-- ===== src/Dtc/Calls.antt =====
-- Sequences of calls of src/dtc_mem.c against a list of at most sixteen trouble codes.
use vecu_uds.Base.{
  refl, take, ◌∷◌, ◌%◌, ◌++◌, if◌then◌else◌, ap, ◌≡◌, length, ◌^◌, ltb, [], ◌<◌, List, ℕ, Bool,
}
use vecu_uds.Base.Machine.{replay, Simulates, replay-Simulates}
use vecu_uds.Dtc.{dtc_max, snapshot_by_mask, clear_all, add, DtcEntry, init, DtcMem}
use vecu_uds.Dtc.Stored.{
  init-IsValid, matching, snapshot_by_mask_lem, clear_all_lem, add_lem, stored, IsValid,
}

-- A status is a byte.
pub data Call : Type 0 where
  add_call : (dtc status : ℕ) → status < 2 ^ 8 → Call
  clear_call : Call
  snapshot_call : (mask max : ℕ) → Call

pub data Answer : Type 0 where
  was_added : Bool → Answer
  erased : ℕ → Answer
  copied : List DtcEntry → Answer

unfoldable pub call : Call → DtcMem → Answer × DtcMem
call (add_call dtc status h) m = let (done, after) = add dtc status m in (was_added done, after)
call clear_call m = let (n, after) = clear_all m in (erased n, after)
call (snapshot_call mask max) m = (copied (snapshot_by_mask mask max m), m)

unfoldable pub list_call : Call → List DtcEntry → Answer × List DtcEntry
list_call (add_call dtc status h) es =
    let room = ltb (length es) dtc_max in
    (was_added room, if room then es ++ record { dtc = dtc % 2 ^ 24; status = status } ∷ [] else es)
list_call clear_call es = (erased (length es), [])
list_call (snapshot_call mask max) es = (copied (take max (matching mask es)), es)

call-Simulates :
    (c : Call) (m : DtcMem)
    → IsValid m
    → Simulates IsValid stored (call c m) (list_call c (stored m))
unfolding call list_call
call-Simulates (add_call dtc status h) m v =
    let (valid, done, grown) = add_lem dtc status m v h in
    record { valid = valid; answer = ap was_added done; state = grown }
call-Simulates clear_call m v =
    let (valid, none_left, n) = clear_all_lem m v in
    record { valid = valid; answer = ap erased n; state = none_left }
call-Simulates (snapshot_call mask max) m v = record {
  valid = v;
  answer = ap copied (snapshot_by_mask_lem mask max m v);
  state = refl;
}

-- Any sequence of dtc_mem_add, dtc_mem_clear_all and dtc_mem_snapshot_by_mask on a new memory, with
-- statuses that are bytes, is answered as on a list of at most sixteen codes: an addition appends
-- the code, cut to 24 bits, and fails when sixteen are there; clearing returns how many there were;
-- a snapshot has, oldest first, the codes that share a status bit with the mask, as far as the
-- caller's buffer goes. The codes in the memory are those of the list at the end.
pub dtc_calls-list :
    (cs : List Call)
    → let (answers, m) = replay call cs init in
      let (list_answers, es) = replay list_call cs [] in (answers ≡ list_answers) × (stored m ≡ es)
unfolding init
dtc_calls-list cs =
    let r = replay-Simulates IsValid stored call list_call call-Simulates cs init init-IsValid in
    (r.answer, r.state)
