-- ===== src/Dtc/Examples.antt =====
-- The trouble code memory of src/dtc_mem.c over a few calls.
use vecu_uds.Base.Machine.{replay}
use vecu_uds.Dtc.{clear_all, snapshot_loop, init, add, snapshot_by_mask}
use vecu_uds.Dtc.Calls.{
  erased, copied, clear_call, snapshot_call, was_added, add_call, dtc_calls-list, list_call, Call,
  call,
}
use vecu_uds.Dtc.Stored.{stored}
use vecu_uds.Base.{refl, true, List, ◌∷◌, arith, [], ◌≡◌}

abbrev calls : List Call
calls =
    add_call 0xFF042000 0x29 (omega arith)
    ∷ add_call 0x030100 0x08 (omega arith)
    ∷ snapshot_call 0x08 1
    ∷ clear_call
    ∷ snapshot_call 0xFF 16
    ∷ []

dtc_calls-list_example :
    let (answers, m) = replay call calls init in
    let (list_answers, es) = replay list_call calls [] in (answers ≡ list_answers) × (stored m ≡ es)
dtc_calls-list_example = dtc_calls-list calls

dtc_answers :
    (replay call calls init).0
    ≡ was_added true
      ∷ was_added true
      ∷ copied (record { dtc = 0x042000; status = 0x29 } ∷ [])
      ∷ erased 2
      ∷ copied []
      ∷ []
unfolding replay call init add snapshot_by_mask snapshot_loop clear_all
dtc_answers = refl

*What this task involves*
Using the entries above, give the number of lines that carry the string "Machine", without anything else.

*Solution for this problem*
2